An ESB provides its fundamental services through an event-driven and standards-based messaging engine (the bus). Thanks to ESB, integration architects can exploit the value of messaging without writing code. Developers typically implement an ESB using technologies found in a category of middleware infrastructure products, usually based on recognized standards. As with a Service-Oriented Architecture (SOA), an ESB is essentially a collection of enterprise architecture design patterns that is now implemented directly by many enterprise software products.
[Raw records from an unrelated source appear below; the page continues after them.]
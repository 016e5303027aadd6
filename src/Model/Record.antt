-- ===== src/Model/Record.antt =====
-- internal/model/record.go, the `Record` struct.
use r_dns_crawler.Base.{ℕ, Bool, List, Option, Bytes}

-- One crawled address and its reverse-DNS result. `f_cr_dns` is nil (`none`) when forward
-- confirmation was not checked. Times and latencies are the numbers that the source prints.
pub record Record : Type 0 where
  pub ip : Bytes
  pub ip_int : ℕ
  pub status : Bytes
  pub ptr : List Bytes
  pub f_cr_dns : Option Bool
  pub resolver : Bytes
  pub attempts : ℕ
  pub latency_ms : ℕ
  pub rcode : Bytes
  pub error : Bytes
  pub ts : Bytes
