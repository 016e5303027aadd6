-- ===== src/Store/Template.antt =====
-- internal/store/template.go: a hostname with the record's own address cut out of it.
pub mod Laws
use r_dns_crawler.Base.{
  ℕ, zero, suc, ◌+◌, ◌-◌, ◌/◌, ◌%◌, ◌^◌, List, [], ◌∷◌, ◌++◌, some, none, Bytes, strip_prefix,
  length, flat_map, ltb, ◌==◌, if◌then◌else◌, codes,
}

abbrev pub m_fwd_dash : ℕ
m_fwd_dash = 1

abbrev pub m_rev_dash : ℕ
m_rev_dash = 2

abbrev pub m_fwd_dot : ℕ
m_fwd_dot = 3

abbrev pub m_rev_dot : ℕ
m_rev_dot = 4

-- `octets`: shifts and masks of a uint32, as quotients and remainders.
abbrev pub octets : ℕ → ℕ × ℕ × ℕ × ℕ
octets ip = (ip / 2 ^ 24, ip / 2 ^ 16 % 256, ip / 2 ^ 8 % 256, ip % 256)

-- `itoa`; `byte(…)` keeps the low eight bits.
unfoldable pub itoa : ℕ → Bytes
itoa v =
    if ltb v 10
    then ((b'0' + v) % 256) ∷ []
    else if ltb v 100
    then ((b'0' + v / 10) % 256) ∷ ((b'0' + v % 10) % 256) ∷ []
    else ((b'0' + v / 100) % 256) ∷ ((b'0' + v / 10 % 10) % 256) ∷ ((b'0' + v % 10) % 256) ∷ []

unfoldable pub join4 : ℕ → ℕ → ℕ → ℕ → Bytes → Bytes
join4 w x y z sep = itoa w ++ (sep ++ (itoa x ++ (sep ++ (itoa y ++ (sep ++ itoa z)))))

-- The loop of `strings.ReplaceAll` for a text `old` that is not empty: the first argument counts
-- the bytes of the last match that are still to be passed over.
unfoldable pub replace_from : ℕ → Bytes → Bytes → Bytes → Bytes
replace_from skip old new [] = []
replace_from (suc skip) old new (c ∷ s) = replace_from skip old new s
replace_from zero old new (c ∷ s) = elim (strip_prefix old (c ∷ s)) [
  | some t ↦ new ++ replace_from (length old - 1) old new s
  | none ↦ c ∷ replace_from 0 old new s
]

unfoldable pub replace_all : Bytes → Bytes → Bytes → Bytes
replace_all s old new = replace_from 0 old new s

unfoldable pub encode_template : ℕ → Bytes → Bytes
encode_template ip host =
    let (a, b, c, d) = octets ip in
    let host1 = replace_all host (join4 a b c d (b'-' ∷ [])) (m_fwd_dash ∷ []) in
    let host2 = replace_all host1 (join4 d c b a (b'-' ∷ [])) (m_rev_dash ∷ []) in
    let host3 = replace_all host2 (join4 a b c d (b'.' ∷ [])) (m_fwd_dot ∷ []) in
    replace_all host3 (join4 d c b a (b'.' ∷ [])) (m_rev_dot ∷ [])

-- What the `strings.Replacer` writes for one byte: all the texts that it replaces are single bytes.
unfoldable pub restore : ℕ → ℕ → Bytes
restore ip m =
    let (a, b, c, d) = octets ip in
    if m == m_fwd_dash
    then join4 a b c d (b'-' ∷ [])
    else if m == m_rev_dash
    then join4 d c b a (b'-' ∷ [])
    else if m == m_fwd_dot
    then join4 a b c d (b'.' ∷ [])
    else if m == m_rev_dot
    then join4 d c b a (b'.' ∷ [])
    else m ∷ []

unfoldable pub decode_template : ℕ → Bytes → Bytes
unfolding restore
decode_template ip s = flat_map (restore ip) s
WSO2 ESB is a fast, light-weight, and versatile enterprise service bus. It is 100% open source and is released under Apache Software License Version 2.0, one of the most business-friendly licenses available today. Using WSO2 ESB you can perform a variety of enterprise integration patterns (EIPs), including filtering, transforming, and routing SOAP, binary, plain XML, and text messages that pass through your business systems by HTTP, HTTPS, JMS, mail, etc.

Distributed Computing Evolution

ESBs are part of an evolution of distributed computing. Early distributed computing involved pure point-to-point communication between systems. This was the simple, obvious way to create complex applications from distributed components. This is actually a reasonable solution when there are a small number of applications that need to work together. However, the number of point-to-point communications grows proportional to the square of the number of applications in the enterprise. This becomes unmanageable for a large enterprise.

The late 90's saw the rise of Enterprise Application Integration (EAI) products. These aimed to allow enterprises to scale beyond the limitations caused by point-to-point integration solutions. The typical solution used a hub-and-spoke architecture. This is a solution still in use by many enterprises today. In a hub-and-spoke EAI, all communication is routed through a central hub. The number of point-to-point communications scales linearly with the number of enterprises, so this is a great improvement over point-to-point architectures. However, the hubs become bottlenecks in the system.

ESBs can be thought of as the next step in the logical progression described above. The ESB acts as a message broker to all applications in the enterprise. It allows for more granular, base functions to be exposed with orchestration provided as needed. This greatly improves the flexibility of the system and allows for more rapid and cheaper adaptation to changes.

ESB in Context of SOA

Here is a list of functionality in an ESB runtime that encourage SOA:

  • Message routing and distribution. The applications should not have hard-coded destinations for messages or services. The ESB can help in two ways:
    • by supporting virtualization (mapping logical destinations to real destinations) and
    • by supporting event architectures, where the publisher does not need to know about the subscribers.
  • Management- The ESB should provide a common set of management capabilities which give a common view of all services and endpoints. This includes:
    • alerting,
    • statistics,
    • audit and
    • logging.
  • Excellent support for the Web architecture - ESBs should encourage good use of HTTP and the Web architecture. Support for HTTP proxying and caching.
  • XML performance- If an ESB is going to help manage and route XML messages then it has to do it with minimum overhead. It certainly has to be much more scalable and per formant than the applications it talks to. Fundamentally this promotes two key technical requirements:
    • non-blocking IO (meaning that the ESB must not block while waiting for applications to respond) and
    • Streaming XML (meaning that the ESB can send XML through without having to create a large in-memory buffer and fully parse every message).
  • Security Control - Managing distributed security is one of the hardest problems in SOA and augmenting application security with a set of central security controls is often an essential component in an enterprise infrastructure.

Tip

Automatic schema from WSDLs and other XSD files is available in WSO2 ESB.